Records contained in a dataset
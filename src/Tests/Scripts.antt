-- ===== src/Tests/Scripts.antt =====
-- The theorems on the programs of scripts/ at a concrete production root.
use qnty_authority_root.Prelude.{◌≡◌, [], All, none, true}
use qnty_authority_root.Errors.{ok, os_error}
use qnty_authority_root.Scripts.Files.{bytes_at}
use qnty_authority_root.Scripts.Export.{completes}
use qnty_authority_root.Scripts.Export.Kept.{Keeps, atomic_write_new-bytes, atomic_write_new-Keeps}
use qnty_authority_root.Scripts.Inspect.{PublicFiles, check_public_files}
use qnty_authority_root.Scripts.Inspect.Quiet.{IsQuiet, inspected, inspect_production_root-IsQuiet}
use qnty_authority_root.Scripts.Epoch5.Issue.{epoch5_main}
use qnty_authority_root.Scripts.Epoch5.Superseded.{epoch5_main-refuses}
use qnty_authority_root.InkGrant.{InkV0FIssuanceBundleV0}
use qnty_authority_root.Scripts.Epoch6.Issue.{Preflight}
use qnty_authority_root.Scripts.Epoch6.Continues.{Continues}
use qnty_authority_root.Scripts.Epoch6.Kept.{issue_once-Continues}
use qnty_authority_root.Scripts.Epoch6.Committed.{IsCommitted}
use qnty_authority_root.Scripts.Epoch6.Published.{IsStart, HasPublished, issue_once-published}
use qnty_authority_root.Prelude.{Bytes}
use qnty_authority_root.Scripts.Epoch6.Reissue.{Publishes, no_run, issue_once-same_receipt}
use qnty_authority_root.Scripts.Examples.{example_rerun}
use qnty_authority_root.Scripts.Epoch6.Succession.{IsHistory, inspect_epoch6_history-IsHistory}
use qnty_authority_root.Scripts.Examples.{
  example_packages, example_world, example_time, example_root, example_run, example_anchor,
  example_inspection, example_export, example_write, example-facts, ok_of, returned_of, ledger_of,
}
use qnty_authority_root.Issuer.Examples.{example_verify, first_receipt-ok}
use qnty_authority_root.Prelude.{◌↔◌, some}
use qnty_authority_root.Scripts.Epoch6.{ScopeKind, assert_scope}
use qnty_authority_root.Scripts.Epoch6.Scope.{IsFramed, IsAllowed, assert_scope_iff}

epoch5_main-refuses_example :
    epoch5_main example_packages example_world example_time example_root ≡ ((2, []), example_root)
epoch5_main-refuses_example =
    epoch5_main-refuses example_packages example_world example_time example_root

atomic_write_new-bytes_example :
    bytes_at (example_write.1.nodes example_export.path) ≡ ok example_export.contents
atomic_write_new-bytes_example =
    atomic_write_new-bytes os_error example_world.environment completes example_export example_root
      example_write.1 example-facts.5

atomic_write_new-Keeps_example : Keeps example_root example_write.1
atomic_write_new-Keeps_example =
    atomic_write_new-Keeps os_error example_world.environment completes example_export example_root

issue_once-Continues_example : Continues example_verify example_root example_run.1
issue_once-Continues_example =
    issue_once-Continues example_packages example_world example_time example_root

issue_once-published_example :
    (p : Preflight example_packages example_world) × IsStart example_packages example_world
      example_time example_root p
    × ((b : InkV0FIssuanceBundleV0) × HasPublished example_packages example_world p b example_run.1
        × IsCommitted example_verify example_run.1 p.request_id b.receipt_bytes)
issue_once-published_example =
    issue_once-published example_packages example_world example_time example_root example_run.1
      (returned_of example_run example-facts.0).0 (returned_of example_run example-facts.0).1

inspect_epoch6_history-IsHistory_example :
    IsHistory example_verify example_anchor 1_800_000_900 none (ledger_of _ example-facts.4).0
inspect_epoch6_history-IsHistory_example =
    inspect_epoch6_history-IsHistory example_verify example_run.1 example_anchor 1_800_000_900 none
      true (ledger_of _ example-facts.4).0 example-facts.3 (ledger_of _ example-facts.4).1

inspect_production_root-IsQuiet_example :
    (public_files : PublicFiles) × (check_public_files example_root ≡ ok public_files)
    × All
        (IsQuiet example_verify public_files.anchor example_time)
        (inspected example_verify example_root)
inspect_production_root-IsQuiet_example =
    inspect_production_root-IsQuiet example_verify example_root example_time
      (ok_of example_inspection example-facts.2).0 (ok_of example_inspection example-facts.2).1

assert_scope_iff_example :
    ((kind : ScopeKind) × (assert_scope true (some 1_800_000_000) first_receipt-ok.0 ≡ ok kind))
    ↔ (IsFramed first_receipt-ok.0 × IsAllowed true (some 1_800_000_000) first_receipt-ok.0)
assert_scope_iff_example = assert_scope_iff true (some 1_800_000_000) first_receipt-ok.0

issue_once-same_receipt_example :
    (bytes : Bytes) × Publishes example_packages example_world example_time example_run.1 bytes
    × Publishes example_packages example_world example_time example_rerun.1 bytes
issue_once-same_receipt_example =
    issue_once-same_receipt example_packages example_packages example_world example_world
      example_time example_root example_run.1 example_run.1 example_rerun.1
      (returned_of example_run example-facts.0).0 (returned_of example_rerun example-facts.8).0
      (returned_of example_run example-facts.0).1 (no_run example_run.1)
      (returned_of example_rerun example-facts.8).1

--- Problem requirements ---
The entries above are to be restated word for word.

--- The answer ---
filename src/Tests/Scripts.antt
-- ===== src/Tests/Scripts.antt =====
-- The theorems on the programs of scripts/ at a concrete production root.
use qnty_authority_root.Prelude.{◌≡◌, [], All, none, true}
use qnty_authority_root.Errors.{ok, os_error}
use qnty_authority_root.Scripts.Files.{bytes_at}
use qnty_authority_root.Scripts.Export.{completes}
use qnty_authority_root.Scripts.Export.Kept.{Keeps, atomic_write_new-bytes, atomic_write_new-Keeps}
use qnty_authority_root.Scripts.Inspect.{PublicFiles, check_public_files}
use qnty_authority_root.Scripts.Inspect.Quiet.{IsQuiet, inspected, inspect_production_root-IsQuiet}
use qnty_authority_root.Scripts.Epoch5.Issue.{epoch5_main}
use qnty_authority_root.Scripts.Epoch5.Superseded.{epoch5_main-refuses}
use qnty_authority_root.InkGrant.{InkV0FIssuanceBundleV0}
use qnty_authority_root.Scripts.Epoch6.Issue.{Preflight}
use qnty_authority_root.Scripts.Epoch6.Continues.{Continues}
use qnty_authority_root.Scripts.Epoch6.Kept.{issue_once-Continues}
use qnty_authority_root.Scripts.Epoch6.Committed.{IsCommitted}
use qnty_authority_root.Scripts.Epoch6.Published.{IsStart, HasPublished, issue_once-published}
use qnty_authority_root.Prelude.{Bytes}
use qnty_authority_root.Scripts.Epoch6.Reissue.{Publishes, no_run, issue_once-same_receipt}
use qnty_authority_root.Scripts.Examples.{example_rerun}
use qnty_authority_root.Scripts.Epoch6.Succession.{IsHistory, inspect_epoch6_history-IsHistory}
use qnty_authority_root.Scripts.Examples.{
  example_packages, example_world, example_time, example_root, example_run, example_anchor,
  example_inspection, example_export, example_write, example-facts, ok_of, returned_of, ledger_of,
}
use qnty_authority_root.Issuer.Examples.{example_verify, first_receipt-ok}
use qnty_authority_root.Prelude.{◌↔◌, some}
use qnty_authority_root.Scripts.Epoch6.{ScopeKind, assert_scope}
use qnty_authority_root.Scripts.Epoch6.Scope.{IsFramed, IsAllowed, assert_scope_iff}

epoch5_main-refuses_example :
    epoch5_main example_packages example_world example_time example_root ≡ ((2, []), example_root)
epoch5_main-refuses_example =
    epoch5_main-refuses example_packages example_world example_time example_root

atomic_write_new-bytes_example :
    bytes_at (example_write.1.nodes example_export.path) ≡ ok example_export.contents
atomic_write_new-bytes_example =
    atomic_write_new-bytes os_error example_world.environment completes example_export example_root
      example_write.1 example-facts.5

atomic_write_new-Keeps_example : Keeps example_root example_write.1
atomic_write_new-Keeps_example =
    atomic_write_new-Keeps os_error example_world.environment completes example_export example_root

issue_once-Continues_example : Continues example_verify example_root example_run.1
issue_once-Continues_example =
    issue_once-Continues example_packages example_world example_time example_root

issue_once-published_example :
    (p : Preflight example_packages example_world) × IsStart example_packages example_world
      example_time example_root p
    × ((b : InkV0FIssuanceBundleV0) × HasPublished example_packages example_world p b example_run.1
        × IsCommitted example_verify example_run.1 p.request_id b.receipt_bytes)
issue_once-published_example =
    issue_once-published example_packages example_world example_time example_root example_run.1
      (returned_of example_run example-facts.0).0 (returned_of example_run example-facts.0).1

inspect_epoch6_history-IsHistory_example :
    IsHistory example_verify example_anchor 1_800_000_900 none (ledger_of _ example-facts.4).0
inspect_epoch6_history-IsHistory_example =
    inspect_epoch6_history-IsHistory example_verify example_run.1 example_anchor 1_800_000_900 none
      true (ledger_of _ example-facts.4).0 example-facts.3 (ledger_of _ example-facts.4).1

inspect_production_root-IsQuiet_example :
    (public_files : PublicFiles) × (check_public_files example_root ≡ ok public_files)
    × All
        (IsQuiet example_verify public_files.anchor example_time)
        (inspected example_verify example_root)
inspect_production_root-IsQuiet_example =
    inspect_production_root-IsQuiet example_verify example_root example_time
      (ok_of example_inspection example-facts.2).0 (ok_of example_inspection example-facts.2).1

assert_scope_iff_example :
    ((kind : ScopeKind) × (assert_scope true (some 1_800_000_000) first_receipt-ok.0 ≡ ok kind))
    ↔ (IsFramed first_receipt-ok.0 × IsAllowed true (some 1_800_000_000) first_receipt-ok.0)
assert_scope_iff_example = assert_scope_iff true (some 1_800_000_000) first_receipt-ok.0

issue_once-same_receipt_example :
    (bytes : Bytes) × Publishes example_packages example_world example_time example_run.1 bytes
    × Publishes example_packages example_world example_time example_rerun.1 bytes
issue_once-same_receipt_example =
    issue_once-same_receipt example_packages example_packages example_world example_world
      example_time example_root example_run.1 example_run.1 example_rerun.1
      (returned_of example_run example-facts.0).0 (returned_of example_rerun example-facts.8).0
      (returned_of example_run example-facts.0).1 (no_run example_run.1)
      (returned_of example_rerun example-facts.8).1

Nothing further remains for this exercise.